We further investigated the possible effects of PGC-1α upregulation upon TNKS inhibition on mitochondrial biogenesis and oxidative phosphorylation (OXPHOS). TNKS inhibition significantly increased the protein amount of SDHB (Fig. 3d, e), a mitochondrial complex II (CII) subunit protein that functions in both the TCA-cycle and the electron transport chain [34], and the other OXPHOS complex subunits tended to increase (Fig. 3d, e). In addition, TNKS inhibition increased mitochondrial outer membrane protein VDAC1 expression (Fig. 3d, e), indicative of upregulation of mitochondrial mass. In order to define whether there was a difference in the levels of OXPHOS complex subunits per mitochondrion, the amount of OXPHOS complex subunit proteins was normalized to VDAC1. These data did not reveal differences between the inhibitor-treated and nontreated mice (Fig. 3f), suggesting that TNKS inhibition elevated mitochondrial mass in the muscle of db/db mice.

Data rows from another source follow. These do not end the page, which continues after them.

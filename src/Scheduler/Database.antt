-- ===== src/Scheduler/Database.antt =====
-- The database record of a task (scheduler/task_state.go updateTaskState, db/task_states.go).
use assertoor.Prelude.{
  ℕ, ◌+◌, String, Bool, true, false, not, Option, none, some, List, [], ◌∷◌, ◌==◌, if◌then◌else◌,
  nat_key, string_key, lookup, insert,
}
use assertoor.Vars.{end, get_vars_map}
use assertoor.Types.{result_code}
use assertoor.Scheduler.State.{DbTaskState, TaskState, Database, no_database, database, World, Env}

pub data StatusField : Type 0 where
  title run_flags start_time stop_time task_config task_status task_result task_error : StatusField

abbrev pub flag : Bool → ℕ → ℕ
flag b n = if b then n else 0

-- The flags are single bits, so that their sum is their bitwise or.
unfoldable pub task_run_flags : TaskState → ℕ
task_run_flags t =
    flag t.is_cleanup 0x01
    + flag t.is_started 0x02
    + flag t.is_running 0x04
    + flag t.is_skipped 0x08
    + flag t.is_timeout 0x10

abbrev pub time_or : Option ℕ → ℕ → ℕ
time_or none old = old
time_or (some new) old = new

abbrev pub text_or : Option String → String → String
text_or none old = old
text_or (some new) old = new

-- One column of the row is set from the record.
unfoldable pub write_field : DbTaskState → StatusField → DbTaskState → DbTaskState
write_field d title row = record row { title = d.title }
write_field d run_flags row = record row { run_flags = d.run_flags }
write_field d start_time row = record row { start_time = d.start_time }
write_field d stop_time row = record row { stop_time = d.stop_time }
write_field d task_config row = record row { task_config = d.task_config }
write_field d task_status row = record row { task_status = d.task_status }
write_field d task_result row = record row { task_result = d.task_result }
write_field d task_error row = record row { task_error = d.task_error }

unfoldable pub write_fields : DbTaskState → List StatusField → DbTaskState → DbTaskState
unfolding write_field
write_fields d [] row = row
write_fields d (f ∷ fs) row = write_fields d fs (write_field d f row)

-- `UPDATE task_states SET … WHERE run_id = … AND task_id = …` changes nothing if there is no row.
unfoldable pub update_task_state_status : DbTaskState → List StatusField → Database → Database
unfolding write_fields
update_task_state_status d fields no_database = no_database
update_task_state_status d fields (database rows true) = database rows true
update_task_state_status d fields (database rows false) = elim (lookup d.task_id rows) [
  | none ↦ database rows false
  | some row ↦ database (insert d.task_id (write_fields d fields row) rows) false
]

-- The fields that are compared before anything is encoded.
unfoldable pub plain_record : String → TaskState → DbTaskState → DbTaskState
unfolding task_run_flags
plain_record text t d = record d {
  title = text;
  run_flags = task_run_flags t;
  start_time = time_or t.start_time d.start_time;
  stop_time = time_or t.stop_time d.stop_time;
}

unfoldable pub full_record : TaskState → String → String → DbTaskState → DbTaskState
full_record t config status d = record d {
  task_config = config;
  task_status = status;
  task_result = result_code t.task_result;
  task_error = text_or t.task_error d.task_error;
}

abbrev pub when : Bool → StatusField → List StatusField → List StatusField
when changed f fs = if changed then f ∷ fs else fs

-- The names of the fields in which `new` differs from `old`, in the order of the source.
unfoldable pub changed_fields : DbTaskState → DbTaskState → List StatusField
changed_fields old new = when (not (string_key.beq new.title old.title)) title (
    when (not (new.run_flags == old.run_flags)) run_flags (
      when (not (new.start_time == old.start_time)) start_time (
        when (not (new.stop_time == old.stop_time)) stop_time (
          when (not (string_key.beq new.task_config old.task_config)) task_config (
            when (not (string_key.beq new.task_status old.task_status)) task_status (
              when (not (new.task_result == old.task_result)) task_result
                (when (not (string_key.beq new.task_error old.task_error)) task_error [])))))))

-- The record in memory after an update: what was set before an encoder failed stays set.
unfoldable pub synced_record : Env → TaskState → World → DbTaskState → DbTaskState
unfolding plain_record full_record
synced_record env t w d =
    let text = env.resolve_placeholders w.heap t.task_vars t.options.title in
    let plain = plain_record text t d in
    elim (env.marshal_config t.task_config) [
      | none ↦ plain
      | some config ↦
          elim (env.marshal_status
            (get_vars_map env.map_depth w.heap t.task_status_vars end false)) [
              | none ↦ record plain { task_config = config }
              | some status ↦ full_record t config status plain
            ]
    ]

abbrev pub encodes : Env → TaskState → World → Bool
encodes env t w = elim (env.marshal_config t.task_config) [
  | none ↦ false
  | some config ↦
      elim (env.marshal_status (get_vars_map env.map_depth w.heap t.task_status_vars end false)) [
        | none ↦ false
        | some status ↦ true
      ]
]

-- `updateTaskState`, the record in memory and the table; the callers only log its error.
unfoldable pub update_record : Env → TaskState → World → Option DbTaskState
unfolding synced_record
update_record env t w = elim t.db_task_state [
  | none ↦ none
  | some d ↦ some (synced_record env t w d)
]

unfoldable pub update_store : Env → TaskState → World → Database
unfolding synced_record changed_fields update_task_state_status
update_store env t w = elim t.db_task_state [
  | none ↦ w.store
  | some d ↦
      if encodes env t w
      then update_task_state_status (synced_record env t w d)
          (changed_fields d (synced_record env t w d)) w.store
      else w.store
]

unfoldable pub update_task_state : Env → TaskState → World → TaskState × World
unfolding update_record update_store
update_task_state env t w =
    (record t { db_task_state = update_record env t w }, record w { store = update_store env t w })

To confirm the findings in muscle tissue we analyzed the effect of TNKS inhibitor treatment on FAO and mitochondrial function and amount in C2C12 myotubes. We observed that G007-LK stimulated oleic acid oxidation in myotubes (Fig. 3g). G007-LK also boosted basal and maximum OCR in C2C12 myotubes (Fig. 3h), suggesting improved mitochondrial function. Given that G007-LK enhanced CS activity in myotubes (Fig. 3i), the indicator of mitochondrial content, the observed increase in mitochondrial respiration is most likely caused, at least partially, by higher mitochondrial mass. These data collectively suggest that G007-LK treatment enhances mitochondrial mass and oxidative metabolism in muscle and myotubes.

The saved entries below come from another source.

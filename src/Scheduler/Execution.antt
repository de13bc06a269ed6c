-- ===== src/Scheduler/Execution.antt =====
-- The life of one task: scheduler/task_execution.go ExecuteTask, and setTaskResult and
-- GetTaskResultUpdateChan of scheduler/task_state.go. `ExecuteTask` is cut where other goroutines
-- can act: `begin_task` runs up to the task's constructor, `init_task` to the end of it, `load_task`
-- after `LoadConfig`, and `complete_task` after `Execute`. Loggers are left out.
use assertoor.Prelude.{
  ℕ, ◌+◌, String, Bool, true, false, not, ◌||◌, Option, none, some, ◌∷◌, if◌then◌else◌, nat_key,
  string_key,
}
use assertoor.Vars.{Value, bool, num, set_var}
use assertoor.Types.{TaskResult, result_code, result_eq}
use assertoor.Scheduler.State.{
  Error, already_executed, condition_failed, init_failed, config_invalid, task_failed, TaskState,
  World, Env,
}
use assertoor.Scheduler.Database.{update_task_state}

abbrev pub set_status : TaskState → String → Value → World → World
set_status t name value w = record w { heap = set_var t.task_status_vars name value w.heap }

-- `close(ch); ch = nil`, if there is a channel.
unfoldable pub close_notify_chan : TaskState → TaskState
close_notify_chan t = elim t.result_notify_chan [
  | none ↦ t
  | some ch ↦ record t { result_notify_chan = none; closed_chans = ch ∷ t.closed_chans }
]

unfoldable pub set_task_result : Env → TaskResult → Bool → TaskState → World → TaskState × World
unfolding close_notify_chan update_task_state
set_task_result env result set_updated t w =
    let t1 = record t { updated_result = set_updated || t.updated_result } in
    let t2 = record t1 { task_result = result } in
    let (t3, w3) = update_task_state env t2 (set_status t "result" (num (result_code result)) w) in
    if result_eq t.task_result result then (t1, w) else (close_notify_chan t3, w3)

-- The end of a call that found no channel: it makes one and returns it.
unfoldable pub make_notify_chan : TaskState → TaskState × Option ℕ
make_notify_chan t = (
  record t { result_notify_chan = some t.chan_count; chan_count = t.chan_count + 1 },
  some t.chan_count,
)

-- The channel that is closed when the result changes; `none` if it has changed already. The call holds
-- the lock of the result for reading only: this is one step as long as no two calls of it overlap.
unfoldable pub get_task_result_update_chan : TaskResult → TaskState → TaskState × Option ℕ
unfolding make_notify_chan
get_task_result_update_chan old t =
    if not (result_eq t.task_result old)
    then (t, none)
    else (elim t.result_notify_chan [ some ch ↦ (t, some ch) | none ↦ make_notify_chan t ])

-- The first deferred function: the task stops running.
unfoldable pub stop_task : Env → ℕ → TaskState → World → TaskState × World
unfolding update_task_state
stop_task env now t w =
    update_task_state env (record t { is_running = false; stop_time = some now })
      (set_status t "running" (bool false) w)

-- What `ResolveQuery` gives for the condition: an error, or a value that is a Boolean or is not.
pub data Condition : Type 0 where
  query_failed : String → Condition
  no_boolean : Condition
  boolean : Bool → Condition

-- The task goes on, or `ExecuteTask` has returned.
pub data Progress : Type 0 where
  goes_on : Progress
  returned : Option Error → Progress

abbrev pub Phase : Type 0
Phase = TaskState × World × Progress

-- Return from `ExecuteTask` with the deferred functions run.
unfoldable pub finish : Env → ℕ → Option Error → TaskState × World → Phase
unfolding stop_task
finish env now err (t, w) = let (t', w') = stop_task env now t w in (t', w', returned err)

unfoldable pub mark_started : Env → ℕ → TaskState → World → TaskState × World
unfolding update_task_state
mark_started env now t w =
    update_task_state env (record t { is_started = true; start_time = some now; is_running = true })
      (set_status t "running" (bool true) (set_status t "started" (bool true) w))

unfoldable pub skip_task : Env → ℕ → TaskState → World → Phase
unfolding finish set_task_result
skip_task env now t w =
    finish env now none
      (set_task_result env TaskResult.none false (record t { is_skipped = true }) w)

unfoldable pub check_condition : Env → ℕ → Condition → TaskState × World → Phase
unfolding finish skip_task set_task_result
check_condition env now (query_failed e) (t, w) =
    finish env now (some (condition_failed e)) (set_task_result env TaskResult.failure false t w)
check_condition env now no_boolean (t, w) = skip_task env now t w
check_condition env now (boolean false) (t, w) = skip_task env now t w
check_condition env now (boolean true) (t, w) = (t, w, goes_on)

unfoldable pub begin_task : Env → ℕ → ℕ → Condition → TaskState → World → Phase
unfolding mark_started check_condition
begin_task env now later cond t w =
    let (t', w') = mark_started env now t w in
    let checked = check_condition env later cond (t', w') in
    if t.is_started
    then (t, w, returned (some already_executed))
    else (if string_key.beq t.options.if_cond "" then (t', w', goes_on) else checked)

-- `descriptor.NewTask`.
unfoldable pub init_task : Env → ℕ → Option String → TaskState → World → Phase
unfolding finish
init_task env now none t w = (t, w, goes_on)
init_task env now (some e) t w = finish env now (some (init_failed e)) (t, w)

-- `LoadConfig`: its error, or the configuration.
pub data Loaded : Type 0 where
  load_error : String → Loaded
  loaded : String → Loaded

unfoldable pub load_task : Env → ℕ → Loaded → TaskState → World → Phase
unfolding finish set_task_result
load_task env now (load_error e) t w =
    finish env now (some (config_invalid e)) (set_task_result env TaskResult.failure false t w)
load_task env now (loaded config) t w =
    (record t { has_task = true; task_config = config }, w, goes_on)

-- The timer of a task with a timeout.
unfoldable pub time_out_task : TaskState → World → TaskState × World
time_out_task t w = (record t { is_timeout = true }, set_status t "timeout" (bool true) w)

-- How `Execute` ends: it returns, or it panics with a value that is an error or is not.
pub data Outcome : Type 0 where
  result : Option String → Outcome
  panic : Option String → Outcome

abbrev pub has_error : Option String → Bool
has_error none = false
has_error (some e) = true

abbrev pub or_else : Option String → Option String → Option String
or_else none e = e
or_else (some e) _ = some e

-- The result that the scheduler sets if the task has not set one.
unfoldable pub settle_result : Env → Option String → TaskState → World → TaskState × World
unfolding set_task_result
settle_result env err t w =
    if not t.updated_result || result_eq t.task_result TaskResult.none
    then set_task_result env
        (if t.is_timeout || has_error err then TaskResult.failure else TaskResult.success) false t w
    else (t, w)

-- The error that `ExecuteTask` returns after `Execute` returned.
unfoldable pub final_error : TaskState → Option Error
final_error t =
    if result_eq t.task_result TaskResult.failure then some (task_failed t.task_error) else none

abbrev pub release_task : TaskState × World → TaskState × World
release_task (t, w) = (record t { has_task = false }, w)

-- After a panic the recovering function sets the result, and `ExecuteTask` returns no error.
unfoldable pub complete_task : Env → ℕ → Outcome → TaskState → World → Phase
unfolding finish settle_result final_error set_task_result
complete_task env now (result err) t w =
    let (t', w') = settle_result env err (record t { task_error = or_else t.task_error err }) w in
    finish env now (final_error t') (release_task (t', w'))
complete_task env now (panic err) t w = finish env now none (
    release_task (
      set_task_result env TaskResult.failure false
        (record t { task_error = or_else err t.task_error }) w))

TNKSs interact with and PARylate PGC-1α in WAT and muscle

The upregulation of PGC-1α in muscle and WAT in db/db mice upon TNKS inhibition prompted us to explore the possible mechanisms. We found that TNKS1/2 co-immunoprecipitate with PGC-1α from muscle lysate of normal mice (Fig. 4a). PLA confirmed that PGC-1α and TNKS1/2 form a complex in muscle tissue of db/db mice (Fig. 4b–d). Moreover, pull-down with PAR-affinity resin from the muscle lysate of normal mice followed by immunoblotting for PGC-1α revealed that PGC-1α is PARylated (Fig. 4e). PLA analysis of PARylation of PGC-1α indicated that TNKS inhibition reduces PARylation of PGC-1α in muscle (Fig. 4f–j). PLA analysis also revealed that PGC-1α associates with TNKS1/2 (Fig. 4k–n) and is PARylated (Fig. 4p–s) in WAT. Moreover, both the association of TNKSs with PGC-1α (Fig. 4o) and the PARylation of PGC-1α (Fig. 4t) in WAT were reduced upon TNKS inhibition. Collectively, the data indicate that TNKSs form a complex with and PARylate PGC-1α in WAT and muscle.

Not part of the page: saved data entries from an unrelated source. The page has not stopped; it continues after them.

-- ===== src/Scheduler/Results.antt =====
-- The result and the error of a task's execution (scheduler/task_execution.go).
use assertoor.Prelude.{
  ℕ, String, ◌≡◌, ◌≢◌, true, false, not, ◌&&◌, ◌||◌, Option, none, some, arith, if◌then◌else◌,
  nat_key, string_key,
}
use assertoor.Types.{TaskResult, result_eq}
use assertoor.Scheduler.State.{condition_failed, task_failed, TaskState, World, Env}
use assertoor.Scheduler.Database.{update_task_state}
use assertoor.Scheduler.Execution.{
  query_failed, no_boolean, boolean, Progress, goes_on, returned, Phase, begin_task, result, panic,
  has_error, or_else, complete_task,
}

abbrev pub state_of : Phase → TaskState
state_of p = p.0

abbrev pub progress_of : Phase → Progress
progress_of p = p.2

-- The result that an execution must end with: the task's own, if it set one that is not `none`;
-- else failure after an error or a timeout, and success otherwise.
pub expected_result : TaskState → Option String → TaskResult
expected_result t err =
    if t.updated_result && not (result_eq t.task_result TaskResult.none)
    then t.task_result
    else (if t.is_timeout || has_error err then TaskResult.failure else TaskResult.success)

-- When `Execute` returns, the task has stopped, its result is the expected one, and an error is
-- returned exactly when that result is a failure; the error kept is the first one reported.
pub complete_task-result :
    (env : Env) (now : ℕ) (err : Option String) (t : TaskState) (w : World)
    → let p = complete_task env now (result err) t w in
      let r = expected_result t err in
      ((state_of p).is_running ≡ false)
      × ((state_of p).stop_time ≡ some now)
      × ((state_of p).task_result ≡ r)
      × ((state_of p).task_error ≡ or_else t.task_error err)
      × (progress_of p
          ≡ returned (
              if result_eq r TaskResult.failure
              then some (task_failed (or_else t.task_error err))
              else none))
unfolding complete_task expected_result update_task_state
complete_task-result env now err t w = ground arith

-- When `Execute` panics the task has stopped with the result failure and keeps the panic's error,
-- but `ExecuteTask` returns no error, so that its caller takes the task for a success.
pub complete_task-panic :
    (env : Env) (now : ℕ) (err : Option String) (t : TaskState) (w : World)
    → let p = complete_task env now (panic err) t w in
      ((state_of p).is_running ≡ false)
      × ((state_of p).task_result ≡ TaskResult.failure)
      × ((state_of p).task_error ≡ or_else err t.task_error)
      × (progress_of p ≡ returned none)
unfolding complete_task update_task_state
complete_task-panic env now err t w = ground arith

-- A new task with a condition: a query that fails ends it with a failure and an error, a condition
-- that is false or no Boolean skips it with no result and no error, and one that is true lets it
-- run. In every case it counts as started, and it is running only in the last.
pub begin_task-condition :
    (env : Env) (now later : ℕ) (e : String) (t : TaskState) (w : World)
    → t.is_started ≡ false
    → t.options.if_cond ≢ ""
    → let bad = begin_task env now later (query_failed e) t w in
      let odd = begin_task env now later no_boolean t w in
      let off = begin_task env now later (boolean false) t w in
      let on = begin_task env now later (boolean true) t w in
      ((progress_of bad ≡ returned (some (condition_failed e)))
        × ((state_of bad).task_result ≡ TaskResult.failure)
        × ((state_of bad).is_started ≡ true)
        × ((state_of bad).is_running ≡ false))
      × ((progress_of off ≡ returned none)
          × ((state_of off).task_result ≡ TaskResult.none)
          × ((state_of off).is_skipped ≡ true)
          × ((state_of off).is_started ≡ true)
          × ((state_of off).is_running ≡ false))
      × (odd ≡ off)
      × ((progress_of on ≡ goes_on)
          × ((state_of on).task_result ≡ t.task_result)
          × ((state_of on).is_skipped ≡ t.is_skipped)
          × ((state_of on).is_started ≡ true)
          × ((state_of on).is_running ≡ true))
unfolding begin_task update_task_state
begin_task-condition env now later e t w fresh cond =
    let some_cond : string_key.beq t.options.if_cond "" ≡ false =
      ground (arith, string_key.beq_iff t.options.if_cond "") in
    rw (fresh, some_cond) (ground arith)
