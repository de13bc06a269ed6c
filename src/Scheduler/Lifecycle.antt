-- ===== src/Scheduler/Lifecycle.antt =====
-- The lives of a task: every order in which the goroutines that share it can act on it
-- (scheduler/task_execution.go, scheduler/task_state.go).
use mathlib.Core.Path.{subst}
use assertoor.Prelude.{
  ℕ, String, ◌≡◌, ◌≢◌, Bool, true, false, Option, none, some, arith, nat_key, string_key,
}
use assertoor.Types.{TaskResult}
use assertoor.Scheduler.State.{already_executed, TaskState, World, Env}
use assertoor.Scheduler.Database.{update_task_state}
use assertoor.Scheduler.Execution.{
  set_task_result, get_task_result_update_chan, Condition, Progress, goes_on, returned, begin_task,
  init_task, Loaded, load_task, time_out_task, Outcome, complete_task,
}

-- How far `ExecuteTask` has come; `over` is after its return.
pub data Stage : Type 0 where
  idle starting loading running over : Stage

abbrev pub advance : Stage → Progress → Stage
advance next_stage goes_on = next_stage
advance next_stage (returned err) = over

-- A second call of `ExecuteTask` does not move the first one.
abbrev pub began : Bool → Stage → Progress → Stage
began true stage p = stage
began false stage p = advance starting p

-- One atomic action on a task; the world is whatever the other tasks have made of it. Results are
-- set and watched at any stage.
pub data Step (env : Env) : Stage → TaskState → Stage → TaskState → Type 0 where
  set_result :
      (r : TaskResult) (set_updated : Bool) (at : Stage) (t : TaskState) (w : World)
      → Step env at t at (set_task_result env r set_updated t w).0
  poll :
      (old : TaskResult) (at : Stage) (t : TaskState)
      → Step env at t at (get_task_result_update_chan old t).0
  begin :
      (now later : ℕ) (cond : Condition) (at : Stage) (t : TaskState) (w : World)
      → Step env at t
          (began t.is_started at (begin_task env now later cond t w).2)
          (begin_task env now later cond t w).0
  init :
      (now : ℕ) (err : Option String) (at : Stage) (t : TaskState) (w : World)
      → at ≡ starting
      → Step env at t (advance loading (init_task env now err t w).2) (init_task env now err t w).0
  load :
      (now : ℕ) (config : Loaded) (at : Stage) (t : TaskState) (w : World)
      → at ≡ loading
      → Step env at t
          (advance running (load_task env now config t w).2)
          (load_task env now config t w).0
  time_out :
      (at : Stage) (t : TaskState) (w : World)
      → at ≡ running
      → Step env at t at (time_out_task t w).0
  complete :
      (now : ℕ) (outcome : Outcome) (at : Stage) (t : TaskState) (w : World)
      → at ≡ running
      → Step env at t over (complete_task env now outcome t w).0

pub data Reach (env : Env) (from : Stage) (s : TaskState) : Stage → TaskState → Type 0 where
  here : Reach env from s from s
  next :
      {at to : Stage} {t u : TaskState}
      → Reach env from s at t
      → Step env at t to u
      → Reach env from s to u

abbrev IsActive : TaskState → Type 0
IsActive t =
    (t.is_started ≡ true) × (t.is_running ≡ true) × (t.stop_time ≡ none) × (t.start_time ≢ none)

-- The flags and times of a task tell how far its execution has come.
abbrev pub IsLive : Stage → TaskState → Type 0
IsLive idle t =
    (t.is_started ≡ false) × (t.is_running ≡ false) × (t.stop_time ≡ none) × (t.start_time ≡ none)
IsLive starting t = IsActive t
IsLive loading t = IsActive t
IsLive running t = IsActive t
IsLive over t =
    (t.is_started ≡ true) × (t.is_running ≡ false) × (t.stop_time ≢ none) × (t.start_time ≢ none)

set_task_result-IsLive :
    (env : Env) (r : TaskResult) (up : Bool) (at : Stage) (t : TaskState) (w : World)
    → IsLive at t
    → IsLive at (set_task_result env r up t w).0
unfolding set_task_result update_task_state
set_task_result-IsLive env r up idle t w v = ground arith
set_task_result-IsLive env r up _ t w v = ground arith

poll-IsLive :
    (old : TaskResult) (at : Stage) (t : TaskState)
    → IsLive at t
    → IsLive at (get_task_result_update_chan old t).0
unfolding get_task_result_update_chan
poll-IsLive old idle t v = ground arith
poll-IsLive old _ t v = ground arith

begin_task-IsLive :
    (env : Env) (now later : ℕ) (cond : Condition) (at : Stage) (t : TaskState) (w : World)
    → IsLive at t
    → IsLive
        (began t.is_started at (begin_task env now later cond t w).2)
        (begin_task env now later cond t w).0
unfolding begin_task update_task_state
begin_task-IsLive env now later cond idle t w v = ground arith
begin_task-IsLive env now later cond _ t w v = rw (v.0, begin_task) (ground arith)

at_stage : {at stage : Stage} (t : TaskState) → at ≡ stage → IsLive at t → IsLive stage t
at_stage t e v = subst (λ x. IsLive x t) e v

Step-IsLive :
    {env : Env} {at to : Stage} {t u : TaskState} → Step env at t to u → IsLive at t → IsLive to u
unfolding init_task load_task time_out_task complete_task update_task_state
Step-IsLive {env} (set_result r up at t w) v = set_task_result-IsLive env r up at t w v
Step-IsLive (poll old at t) v = poll-IsLive old at t v
Step-IsLive {env} (begin now later cond at t w) v = begin_task-IsLive env now later cond at t w v
Step-IsLive (init now none at t w e) v = at_stage _ e v
Step-IsLive (init now (some err) at t w e) v = let a = at_stage _ e v in ground arith
Step-IsLive (load now config at t w e) v = let a = at_stage _ e v in ground arith
Step-IsLive (time_out at t w e) v = rw e (at_stage _ e v)
Step-IsLive (complete now outcome at t w e) v = let a = at_stage _ e v in ground arith

-- Whatever the goroutines do, and in any order: before its execution a task is neither started nor
-- running and has no times; during it, it is started and running, and has no stop time; and after
-- it, it is started, no longer running, and has a stop time.
pub Reach-IsLive :
    {env : Env} {from : Stage} {s : TaskState} {at : Stage} {t : TaskState}
    → Reach env from s at t
    → IsLive from s
    → IsLive at t
Reach-IsLive here v = v
Reach-IsLive (next r st) v = Step-IsLive st (Reach-IsLive r v)

Step-is_started :
    {env : Env} {at to : Stage} {t u : TaskState}
    → Step env at t to u
    → t.is_started ≡ true
    → u.is_started ≡ true
unfolding set_task_result get_task_result_update_chan begin_task init_task load_task time_out_task
    complete_task update_task_state
Step-is_started (set_result r up at t w) h = ground arith
Step-is_started (poll old at t) h = ground arith
Step-is_started (begin now later cond at t w) h = simp (h, begin_task)
Step-is_started (init now none at t w e) h = h
Step-is_started (init now (some err) at t w e) h = h
Step-is_started (load now config at t w e) h = ground arith
Step-is_started (time_out at t w e) h = h
Step-is_started (complete now outcome at t w e) h = ground arith

Reach-is_started :
    {env : Env} {from : Stage} {s : TaskState} {at : Stage} {t : TaskState}
    → Reach env from s at t
    → s.is_started ≡ true
    → t.is_started ≡ true
Reach-is_started here h = h
Reach-is_started (next r st) h = Step-is_started st (Reach-is_started r h)

-- A task is executed at most once: however long after a first start, and whatever was done to the
-- task in between, another call of `ExecuteTask` changes nothing and returns the error.
pub begin_task-again :
    {env : Env} {from : Stage} {s : TaskState} {at : Stage} {t : TaskState} (now later : ℕ)
    (cond : Condition) (w : World)
    → s.is_started ≡ true
    → Reach env from s at t
    → begin_task env now later cond t w ≡ (t, w, returned (some already_executed))
unfolding begin_task
begin_task-again now later cond w h r = rw (Reach-is_started r h, begin_task)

Fig. 4. TNKS inhibition reduces PGC-1α PARylation in muscle and WAT of db/db mice.

Fig. 4

a Immunoprecipitation of muscle lysates from normal mice with TNKS1/2 antibody and rabbit IgG as a control. Fractions of the immunoprecipitates were separated in individual lanes and immunoblotted with anti-TNKS1/2 and anti-PGC-1α IgGs. b–d Duolink in situ PLA showing association of TNKS1 with PGC-1α in muscle of control db/db mice. Representative image of TNKS1/2-PGC-1α association (b) and PLA performed with either anti-PGC-1α IgG (c) or anti-TNKS1/2 IgG (d) alone. Scale bar, 50 μm. e Pull-down assay of muscle lysate from normal mice with PAR-affinity resin (WWE) followed by immunoblotting with anti-PGC-1α or anti-TNKS1/2. Control: negative control resin harboring a mutation in WWE that abolishes PAR binding. fj Duolink in situ PLA showing PARylation of PGC-1α in muscle of G007-LK-treated and control db/db mice. Representative image of PARylated PGC-1α in muscle in control (f) and G007-LK-treated (g) db/db mice. PLA performed with either anti-PGC-1α IgG (h) or anti-PAR IgG (i) alone. Quantification of PGC-1α PARylation level (j). Scale bar, 50 µm. ko Duolink in situ PLA showing association of TNKS1 with PGC-1α in WAT of G007-LK-treated and control db/db mice. Representative image of TNKS1/2-PGC-1α association in control (k) and G007-LK-treated db/db mice (i). PLA performed with either anti-PGC-1α IgG (m) or anti-TNKS1/2 IgG (n) alone. Quantification of PGC-1α and TNKS1/2 association (o). Scale bar, 50 μm. pt Duolink in situ PLA showing PARylation of PGC-1α in WAT of G007-LK-treated and control db/db mice. Representative image of PARylated PGC-1α in WAT in control (p) and G007-LK-treated (q) db/db mice. PLA performed with either anti-PGC-1α IgG (r) or anti-PAR IgG (s) alone. Quantification of PGC-1α PARylation level (t). Scale bar, 50 µm. Error bars represent ±SEM. Two-tailed t-test. *p < 0.05. In muscle (aj) n = 3 in each group, in WAT (kt) n = 4 for each group.

Discussion

In this study we demonstrate that inhibition of TNKS activity prevents body weight gain, restrains fat accumulation, and alleviates dyslipidemia. We further show that TNKS inhibition increases adiponectin, suppresses proteins associated with lipolysis and induces browning of WAT. TNKS inhibition also stimulates lipid oxidation in muscle and decreases liver steatosis. A key finding in the study is that TNKS inhibition in db/db mice leads to reduced TNKS-derived PARylation and the consequent increase of the expression of PGC-1α, the central transcriptional regulator of energy metabolism, in WAT and muscle (Fig. 5).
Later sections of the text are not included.